** EXERCISE DATA follows **

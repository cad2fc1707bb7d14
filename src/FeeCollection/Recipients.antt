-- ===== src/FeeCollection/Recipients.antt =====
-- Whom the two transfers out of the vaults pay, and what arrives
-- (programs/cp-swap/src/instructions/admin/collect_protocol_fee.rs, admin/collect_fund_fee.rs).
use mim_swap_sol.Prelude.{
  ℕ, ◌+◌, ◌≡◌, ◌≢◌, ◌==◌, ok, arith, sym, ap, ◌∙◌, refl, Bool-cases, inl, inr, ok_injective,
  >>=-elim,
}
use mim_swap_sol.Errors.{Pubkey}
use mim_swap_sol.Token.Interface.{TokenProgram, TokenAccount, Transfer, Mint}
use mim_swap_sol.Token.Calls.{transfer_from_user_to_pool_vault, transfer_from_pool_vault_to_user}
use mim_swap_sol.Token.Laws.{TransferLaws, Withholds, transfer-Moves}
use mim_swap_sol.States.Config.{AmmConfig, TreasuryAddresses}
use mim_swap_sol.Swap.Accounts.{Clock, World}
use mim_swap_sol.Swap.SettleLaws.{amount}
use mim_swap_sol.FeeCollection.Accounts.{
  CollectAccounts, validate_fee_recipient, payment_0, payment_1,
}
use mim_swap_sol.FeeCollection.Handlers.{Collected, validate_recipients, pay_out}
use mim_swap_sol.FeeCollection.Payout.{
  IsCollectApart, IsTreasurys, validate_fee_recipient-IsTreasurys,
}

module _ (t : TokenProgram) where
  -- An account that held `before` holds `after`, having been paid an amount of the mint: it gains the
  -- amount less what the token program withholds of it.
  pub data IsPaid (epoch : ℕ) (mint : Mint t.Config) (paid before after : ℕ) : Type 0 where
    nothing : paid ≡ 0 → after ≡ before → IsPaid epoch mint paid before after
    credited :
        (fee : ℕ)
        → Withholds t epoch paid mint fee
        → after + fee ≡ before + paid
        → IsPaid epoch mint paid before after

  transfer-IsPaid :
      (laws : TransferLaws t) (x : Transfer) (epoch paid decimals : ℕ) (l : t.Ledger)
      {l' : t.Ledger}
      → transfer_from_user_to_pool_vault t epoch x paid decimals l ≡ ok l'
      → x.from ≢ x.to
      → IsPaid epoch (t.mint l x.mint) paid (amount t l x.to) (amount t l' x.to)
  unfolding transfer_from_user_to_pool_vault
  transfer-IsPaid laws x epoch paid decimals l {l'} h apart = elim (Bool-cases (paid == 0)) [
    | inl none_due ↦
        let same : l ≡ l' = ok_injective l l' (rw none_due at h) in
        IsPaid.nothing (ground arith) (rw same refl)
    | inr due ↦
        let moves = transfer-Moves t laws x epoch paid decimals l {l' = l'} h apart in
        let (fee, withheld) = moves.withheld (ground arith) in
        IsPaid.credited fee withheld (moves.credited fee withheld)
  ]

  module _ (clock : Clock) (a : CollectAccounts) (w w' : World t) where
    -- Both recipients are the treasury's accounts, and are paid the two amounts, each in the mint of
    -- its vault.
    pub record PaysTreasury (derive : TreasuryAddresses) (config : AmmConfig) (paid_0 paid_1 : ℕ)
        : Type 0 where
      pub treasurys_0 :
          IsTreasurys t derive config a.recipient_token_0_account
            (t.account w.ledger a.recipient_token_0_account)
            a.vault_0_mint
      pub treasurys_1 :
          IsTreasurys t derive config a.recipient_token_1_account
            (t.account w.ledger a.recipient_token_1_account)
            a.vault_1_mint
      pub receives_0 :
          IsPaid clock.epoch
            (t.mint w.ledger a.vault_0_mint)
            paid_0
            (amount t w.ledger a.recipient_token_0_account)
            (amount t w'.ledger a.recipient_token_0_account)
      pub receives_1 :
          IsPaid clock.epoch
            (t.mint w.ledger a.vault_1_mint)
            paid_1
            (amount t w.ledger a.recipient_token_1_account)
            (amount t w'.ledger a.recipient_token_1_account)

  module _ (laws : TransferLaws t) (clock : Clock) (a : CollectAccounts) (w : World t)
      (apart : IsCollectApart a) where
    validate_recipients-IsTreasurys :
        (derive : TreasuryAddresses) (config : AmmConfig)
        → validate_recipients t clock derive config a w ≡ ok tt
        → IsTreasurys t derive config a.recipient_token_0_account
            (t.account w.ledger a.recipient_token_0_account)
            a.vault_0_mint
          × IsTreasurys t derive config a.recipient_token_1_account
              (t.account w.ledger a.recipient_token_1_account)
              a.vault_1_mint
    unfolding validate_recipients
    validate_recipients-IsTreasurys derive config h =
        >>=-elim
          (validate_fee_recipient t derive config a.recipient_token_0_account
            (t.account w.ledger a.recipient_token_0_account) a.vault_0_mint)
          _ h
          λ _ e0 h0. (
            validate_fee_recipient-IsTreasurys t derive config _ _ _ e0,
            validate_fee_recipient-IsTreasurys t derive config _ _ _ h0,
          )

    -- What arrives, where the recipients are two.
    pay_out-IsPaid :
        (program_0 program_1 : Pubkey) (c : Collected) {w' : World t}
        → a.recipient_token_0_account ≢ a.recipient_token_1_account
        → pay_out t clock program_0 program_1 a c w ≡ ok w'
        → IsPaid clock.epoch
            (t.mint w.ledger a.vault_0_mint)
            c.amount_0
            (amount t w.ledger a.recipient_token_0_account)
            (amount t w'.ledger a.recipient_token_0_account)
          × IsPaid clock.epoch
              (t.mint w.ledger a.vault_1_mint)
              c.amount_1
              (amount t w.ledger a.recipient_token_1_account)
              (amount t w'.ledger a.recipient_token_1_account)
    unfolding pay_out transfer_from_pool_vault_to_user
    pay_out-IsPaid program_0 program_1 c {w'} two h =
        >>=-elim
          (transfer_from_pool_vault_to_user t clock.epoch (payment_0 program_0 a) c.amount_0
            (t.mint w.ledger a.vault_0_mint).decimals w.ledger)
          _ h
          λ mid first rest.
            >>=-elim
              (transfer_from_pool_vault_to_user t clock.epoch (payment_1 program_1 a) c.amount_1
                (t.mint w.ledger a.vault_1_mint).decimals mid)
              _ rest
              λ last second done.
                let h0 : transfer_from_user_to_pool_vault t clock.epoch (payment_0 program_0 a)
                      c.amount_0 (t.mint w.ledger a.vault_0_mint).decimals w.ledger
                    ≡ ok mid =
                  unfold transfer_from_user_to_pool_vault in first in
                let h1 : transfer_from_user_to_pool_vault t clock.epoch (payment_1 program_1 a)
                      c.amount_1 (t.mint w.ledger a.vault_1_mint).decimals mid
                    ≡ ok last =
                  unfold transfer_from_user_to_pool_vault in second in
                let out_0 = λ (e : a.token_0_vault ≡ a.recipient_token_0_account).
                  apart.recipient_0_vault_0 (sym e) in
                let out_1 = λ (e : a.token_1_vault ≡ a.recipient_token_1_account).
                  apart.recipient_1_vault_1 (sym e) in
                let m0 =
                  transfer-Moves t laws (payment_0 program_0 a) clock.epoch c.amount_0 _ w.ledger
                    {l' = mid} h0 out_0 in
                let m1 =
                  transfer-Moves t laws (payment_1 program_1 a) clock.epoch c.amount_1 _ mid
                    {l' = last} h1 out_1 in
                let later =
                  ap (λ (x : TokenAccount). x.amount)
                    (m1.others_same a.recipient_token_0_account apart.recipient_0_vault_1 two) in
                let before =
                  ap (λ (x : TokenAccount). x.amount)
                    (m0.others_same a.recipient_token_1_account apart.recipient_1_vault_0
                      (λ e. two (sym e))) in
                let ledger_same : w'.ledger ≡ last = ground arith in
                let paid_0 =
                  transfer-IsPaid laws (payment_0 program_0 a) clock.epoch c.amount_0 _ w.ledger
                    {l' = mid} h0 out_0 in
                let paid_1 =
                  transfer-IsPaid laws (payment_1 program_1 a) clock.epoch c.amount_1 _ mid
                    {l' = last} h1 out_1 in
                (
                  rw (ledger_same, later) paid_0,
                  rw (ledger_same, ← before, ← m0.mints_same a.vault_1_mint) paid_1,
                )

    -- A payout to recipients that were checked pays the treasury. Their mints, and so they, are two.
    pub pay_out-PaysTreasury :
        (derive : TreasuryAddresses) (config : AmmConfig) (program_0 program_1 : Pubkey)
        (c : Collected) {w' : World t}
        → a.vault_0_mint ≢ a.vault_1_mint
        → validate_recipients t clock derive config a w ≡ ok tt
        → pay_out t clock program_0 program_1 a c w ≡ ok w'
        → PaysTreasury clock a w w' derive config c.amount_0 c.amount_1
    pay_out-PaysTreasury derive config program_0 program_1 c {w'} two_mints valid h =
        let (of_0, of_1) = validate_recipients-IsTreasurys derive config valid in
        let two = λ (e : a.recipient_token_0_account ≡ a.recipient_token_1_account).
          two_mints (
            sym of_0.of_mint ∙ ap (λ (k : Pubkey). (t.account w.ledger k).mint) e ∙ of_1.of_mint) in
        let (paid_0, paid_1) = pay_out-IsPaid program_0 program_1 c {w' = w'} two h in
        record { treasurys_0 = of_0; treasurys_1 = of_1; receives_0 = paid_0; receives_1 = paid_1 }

** End of EXERCISE DATA **

_PROBLEM_
Scan the data for lines containing "decimals" and copy all of them.

_RESULT OF THIS TASK_
      (laws : TransferLaws t) (x : Transfer) (epoch paid decimals : ℕ) (l : t.Ledger)
      → transfer_from_user_to_pool_vault t epoch x paid decimals l ≡ ok l'
  transfer-IsPaid laws x epoch paid decimals l {l'} h apart = elim (Bool-cases (paid == 0)) [
        let moves = transfer-Moves t laws x epoch paid decimals l {l' = l'} h apart in
            (t.mint w.ledger a.vault_0_mint).decimals w.ledger)
                (t.mint w.ledger a.vault_1_mint).decimals mid)
                      c.amount_0 (t.mint w.ledger a.vault_0_mint).decimals w.ledger
                      c.amount_1 (t.mint w.ledger a.vault_1_mint).decimals mid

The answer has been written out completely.